Just think, if you stop for a flavored cup of coffee ($3.75) every day, you spend $1368 a year! If you go through a drive thru fast food place for a large soda ($1.69) every day, you spend $616 a year! That's $1983 a year just for 2 drinks a day!!

Until it was recently increased, $2,000 was the maximum a person could contribute to an IRA - YOU HAD IT ALL ALONG.... YOU JUST CHOOSE TO SPEND IT ON SOMETHING ELSE!

Think about all the little things you do, how often you do them and do you really NEED to do that? Add up what those little things cost you EVERY MONTH. You can stop, cut back, compromise, re-adjust, re-program ... Take your pick on what you want to call it, but quite frankly, almost $2,000 a year just for 2 drinks a day - simple commons sense says that is most assuredly something that can be done without to further your savings!

Leave a comment! Click "comment" below! Thanks!

To make money, save money or just stretch what you have-continue reading articles for more tips, ideas and ways to do all 3!

4 Comments:

At 5:11 AM, Blogger Annie said...

Can I point out something? 401(k)s may be from companies, but IRAs are available to anyone who makes an income (in fact, stay-at-home parents may also contribute to Roth IRAs).

If you earn income and make less than $90,000 (single) or $150,000 (married filing jointly), you should seriously consider opening a Roth IRA! You can do this even if you do have a 401(k).

The max contribution for 2006 and 2007 is $4000 per person. For 2008, it's $5000.

You can open a Roth at a bank as a CD, though a broker, through a discount on-line broker (I like Ameritrade), or directly with a mutual fund company (like Vanguard OR T Rowe Price - check out their retirement funds which automatically transfer the money to safe investments as you get closer to retirement).

The top advantages of a Roth are:

(1) the money grows tax-free
(2) you don't pay any taxes on retirement disbursements (unlike your 401k)
(3) there is no age when you have to start taking money out (unlike regular IRAs)
(4) In an emergency, you can withdraw all of your initial investment (not the interest) penalty-free!

Read (4) again ... this is great benefit if you are younger and concerned about locking up that money until you get old.

-Aunt Annie (formerly of "Aunt Annie's Advice" - a blog about money, parenting, marriage, and more)

 
At 6:40 AM, Blogger Frugal Money Saving Ideas said...

Anne - Thanks so much for that infomation! I know IRAs are not company related, but my point of the article was, how to get the money to contribute in the first place - to either one - if you are on a limited income. I appreciate your mentioning this and saying it in an easy-to-understand way.

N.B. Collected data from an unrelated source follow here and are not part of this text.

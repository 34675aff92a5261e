-- ===== src/TimerQueue/Armed.antt =====
-- TimerQueue: what the timerfd is set for.
use mynuduo.Base.{
  if_rule, Bool-cases, inl, inr, if◌then◌else◌, ℕ, ◌+◌, ◌*◌, ◌/◌, ◌≤◌, max, Option, none, some,
  List, [], ◌∷◌, arith,
}
use mynuduo.TimerQueue.{
  Alarm, how_much_time_from_now, Seconds, TimerQueue, TimerId, Entry, insert_entry, erase_entry,
  is_earliest, insert, arm, add_timer_in_loop, cancel_in_loop, delete, has_id,
}
use mynuduo.TimerQueue.Delay.{how_much_time_from_now_lem}
use mynuduo.TimerQueue.Order.{IsSorted, insert_entry-IsSorted, erase_entry-IsSorted}

-- The microseconds that an alarm waits.
abbrev pub delay : Alarm → ℕ
delay a = (a.seconds * 1000000000 + a.nanoseconds) / 1000

-- Nothing waits, or the timerfd was set for no later than the first time, or than 100 microseconds after
-- it was set where that is later.
abbrev pub FiresBy : List Entry → Option Alarm → Type 0
FiresBy [] armed = Unit {0}
FiresBy (e ∷ es) none = ⊥
FiresBy (e ∷ es) (some a) = a.at + delay a ≤ max e.when (a.at + 100)

-- What `resetTimerfd` sets.
pub arm_lem :
    (clock when : ℕ)
    → let (seconds, nanoseconds) = how_much_time_from_now clock when in
      clock + (seconds * 1000000000 + nanoseconds) / 1000 ≤ max when (clock + 100)
arm_lem clock when = ground (arith, how_much_time_from_now_lem clock when)

insert_entry-FiresBy :
    (e : Entry) (xs : List Entry) (armed : Option Alarm) (a : Alarm)
    → a.at + delay a ≤ max e.when (a.at + 100)
    → FiresBy xs armed
    → FiresBy (insert_entry e xs) (if is_earliest e.when xs then some a else armed)
unfolding insert_entry
insert_entry-FiresBy e [] armed a h f = h
insert_entry-FiresBy e (x ∷ xs) none a h f = absurd f
insert_entry-FiresBy e (x ∷ xs) (some t) a h f = ground arith

erase_entry-FiresBy :
    (e : Entry) (xs : List Entry) (armed : Option Alarm)
    → IsSorted xs
    → FiresBy xs armed
    → FiresBy (erase_entry e xs) armed
unfolding erase_entry
erase_entry-FiresBy e [] armed h f = tt
erase_entry-FiresBy e (x ∷ xs) none h f = absurd f
erase_entry-FiresBy e (x ∷ []) (some t) h f = ground arith
erase_entry-FiresBy e (x ∷ y ∷ ys) (some t) h f = ground arith

module _ (s : Seconds) where
  -- `timers_` is in order, and the timerfd was last set for no later than the first, but for 100 microseconds.
  pub record IsArmed (q : TimerQueue s) : Type 0 where
    pub sorted : IsSorted q.timers
    pub fires : FiresBy q.timers q.armed

  -- `addTimerInLoop` keeps `timers_` in order and the timerfd set as `FiresBy` says, whatever
  -- timer is added.
  pub add_timer_in_loop-IsArmed :
      (clock a : ℕ) (q : TimerQueue s) → IsArmed q → IsArmed (add_timer_in_loop s clock a q)
  unfolding add_timer_in_loop insert arm how_much_time_from_now
  add_timer_in_loop-IsArmed clock a q v =
      let e : Entry = record { when = (q.memory a).expiration; addr = a } in
      let (seconds, nanoseconds) = how_much_time_from_now clock e.when in
      let alarm : Alarm = record { at = clock; seconds = seconds; nanoseconds = nanoseconds } in
      let f = insert_entry-FiresBy e q.timers q.armed alarm (arm_lem clock e.when) v.fires in
      elim (Bool-cases (is_earliest e.when q.timers)) [
        | inl first ↦
            rw first
              (record { sorted = insert_entry-IsSorted e q.timers v.sorted; fires = rw first at f })
        | inr not_first ↦ rw not_first (record {
          sorted = insert_entry-IsSorted e q.timers v.sorted;
          fires = rw not_first at f;
        })
      ]

  -- `cancelInLoop` keeps `timers_` in order and the timerfd set as `FiresBy` says, whatever `TimerId` it is given.
  pub cancel_in_loop-IsArmed :
      (i : TimerId) (q : TimerQueue s) → IsArmed q → IsArmed (cancel_in_loop s i q)
  unfolding cancel_in_loop delete
  cancel_in_loop-IsArmed i q v =
      let e : Entry = record { when = (q.memory i.addr).expiration; addr = i.addr } in
      if_rule IsArmed (has_id i q.active)
        (λ _. record {
          sorted = erase_entry-IsSorted e q.timers v.sorted;
          fires = erase_entry-FiresBy e q.timers q.armed v.sorted v.fires;
        })
        λ _. if_rule IsArmed q.calling (λ _. record { sorted = v.sorted; fires = v.fires }) λ _. v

To the Readers: Do what you can to save the money, then follow Anne's suggestion!

 
At 1:21 PM, Anonymous Anonymous said...

Great advice! My husband and I have been on a very limited income, living out our dreams and paying off college loans. We've still been able to save quite a bit into our retirement accounts by giving up the latte and soda factor as well as other things most consider necessities even here in our low income neighborhood: the 2nd car, the cell phone, cable T.V. etc. As a result, we have quite a large nest egg and our house and college loans should be paid off by the time our kids' early teenager years.

Sara Ann Denson
Author, "Christmas Turtles"
www.saraanndenson.com

 
At 6:06 PM, Blogger Frugal Money Saving Ideas said...

Sara Ann- Congratulations! Paying off bills AND a nest egg - That is fantastic! Good for you! It does work, you just have to want your goal! Good luck to you and your family!